First and foremost, we need to refocus our energies for Diversity and Inclusion. How can we better document and share the unique diversity projects being undertaken in so many of our repositories?  Archivists need to create case studies, essays, and articles and make them available through the SAA  website–this can help us ensure our important collection development efforts inspire others to establish new programs. The Diversity Toolkits also need to be finalized and we need all our members to contribute ideas and sources. If everyone in this room submitted a 500-word annotated source, the Toolkits would be a tremendous crowd-based resource for all. There will be a call after the annual meeting, so please plan to send in your suggestions.

Second, we need more information about the makeup of our profession so that SAA can work to meet the many needs of its members. In his 2016 President’s Address, Dennis Meissner called for the creation of a Task Force on Research/Data and Evaluation. The Task Force, created last fall, presented some preliminary findings at the May Council meeting. What questions would I like to see answered about us?
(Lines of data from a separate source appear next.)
-- ===== src/Scenarios/Setup.antt =====
-- A query of one stage with one partition, a worker with two slots, and the calls between them.
use spark_x_distributed_quer.Base.{◌≡◌, refl, false, none, List, [], ◌∷◌}
use spark_x_distributed_quer.Error.{ok}
use spark_x_distributed_quer.Protocol.{
  protocol_version, PlanCodec, StagePlan, TaskAttemptId, TaskLease, ShuffleBlock, ShuffleLocation,
  TaskState, WorkerRegistration, WorkerMessage,
}
use spark_x_distributed_quer.Coordinator.State.{
  Coordinator, PartitionRuntime, StageKey, default_config, new,
}
use spark_x_distributed_quer.Coordinator.Calls.{
  Call, submits, receives, polls_for, cancels, advances,
}

abbrev pub codec : PlanCodec
codec = record { validate_fragment = λ _. ok tt }

abbrev pub empty : Coordinator
empty = record { config = default_config; workers = []; stages = []; cancelled_queries = [] }

pub empty_is_new : new default_config ≡ ok empty
unfolding new
empty_is_new = refl

abbrev pub stage : StagePlan
stage = record {
  query_id = "q";
  stage_id = 1;
  input_stages = [];
  partition_count = 1;
  plan_fragment = [];
  output_exchange = none;
  partitioned_input = false;
}

abbrev pub second : StagePlan
second = record stage { stage_id = 2; input_stages = 1 ∷ [] }

abbrev pub key : StageKey
key = ("q", 1)

abbrev pub task : TaskAttemptId
task = record { query_id = "q"; stage_id = 1; partition_id = 0; attempt = 0 }

abbrev pub block : ShuffleBlock
block = record {
  producer = task;
  output_partition = 0;
  rows = 3;
  bytes = 24;
  checksum = "c";
  location = ShuffleLocation.worker "w";
}

abbrev pub lease : TaskLease
lease = record { worker_id = "w"; issued_at_ms = 10; expires_at_ms = 30_010 }

abbrev pub leased : PartitionRuntime
leased = PartitionRuntime.active task "w" lease none

abbrev pub registration : WorkerRegistration
registration = record { worker_id = "w"; slots = 2; memory_bytes = 1024 }

abbrev pub submitted : List Call
submitted = receives (WorkerMessage.register protocol_version registration) 5 ∷ submits stage ∷ []

abbrev pub assigned : List Call
assigned =
    receives (WorkerMessage.register protocol_version registration) 5
    ∷ submits stage
    ∷ polls_for "w" 10
    ∷ []

abbrev pub committed : List Call
committed =
    receives (WorkerMessage.register protocol_version registration) 5
    ∷ submits stage
    ∷ polls_for "w" 10
    ∷ receives
        (WorkerMessage.task_update protocol_version "w" task (TaskState.succeeded 20 (block ∷ [])))
        25
    ∷ []

abbrev pub abandoned : List Call
abandoned = cancels "q" "user" ∷ advances 90_000 ∷ []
  • What is the current breakdown in percentage of degrees held by archivists? Thirty years ago, the predominant source of archives degrees was history programs. In A*CENSUS (2004), the breakdown was 39.4% for the MLS/MLIS vs 46.3% for the MA/MS/MFA. It now appears that most archivists entering the field are coming from library school programs—but it would be good to have those numbers confirmed. However, there are still many, many people working as archivists who chose another path to this profession. How can archivists coming from different backgrounds—and, in some cases, philosophies—communicate and collaborate most effectively? How can our continuing education programs assist in fostering community among such a disparate group?
  • How can we better collaborate with the graduate programs which funnel students into the profession? I have heard comments about the number of graduates and the perception they are overwhelming a small job market. SAA has done many evaluations and reports which indicate we simply cannot afford the cost of an official accreditation process. So, it may be time to think creatively about what SAA CAN do.
    • We can collect better documentation of all archives graduate programs, no matter the discipline, and increase the understanding of their strengths
    • We could collaborate with archival educators and host an annual forum as an invited opportunity for all archives program representatives, educators, and practicing archivists to meet and discuss issues?
    • We can foster forums for the various degree programs to discuss curriculum and other issues impacting archives students
    • We can explore collaborative assessment projects for programs and highlight student projects from a variety of programs?
  • As a profession, we also need more information about archivists’ salaries, organized by location, type of degree, type of repository, and geographic location. These data would give us important information that would enhance our programming and advocacy efforts. Increasingly, job ads with no salaries are the norm—how can we encourage more transparency for the profession? The National Council on Public History and the American Association for State and Local History recently introduced policies that any job ads shared on their site must have salaries posted. And as with the American Library Association, it would be good for SAA to provide an average salary by state in order to strengthen archivists’ negotiating power.
  • Knowing more about the various subsets of SAA membership would also be helpful, as we try to collect more valid and useful data. As I mentioned previously, what has happened to the Mosaic Scholarship participants, Mosaic Fellows, and Harold J. Pinkett Scholars? Are they still in the profession or have they moved to other careers? Why? How can we truly assess and improve our recruiting and retention efforts to expand the diversity of the profession? How effective is our mentoring program? Does our partnering structure work? How can we improve this experience? It is time to explore the ways we can truly examine our hiring and organizational practices.
  • It is apparent that the archives profession has many economic issues. These range from how graduates find the programs they attend, the lack of underrepresented communities participating as archivists, the increasing number of students, the limited number of permanent positions, and the overwhelming prevalence of Part-Time and Temporary positions, among others. SAA members recently reviewed the Best Practices for Internships and Volunteers, with many good ideas for revisions. However, in addition to these Best Practices I would suggest we proactively develop solutions for institutions to consider.Some possible ideas:
  • Investigate grant possibilities for the support, either profession-wide, or a consortium of institutions, much like our MOSAIC program to provide financial support
  • Fundraising in your home institution to create endowments or expendable accounts to support interns, and SAA-developed guidelines on how to make that happen.
  • Provide best practices to guide archivists communicating with their local graduate archives programs (who require internships as part of their degree process) to discuss these concerns further and develop ways to either provide support for interns, tuition remission, or provide the credit hours without cost to the student.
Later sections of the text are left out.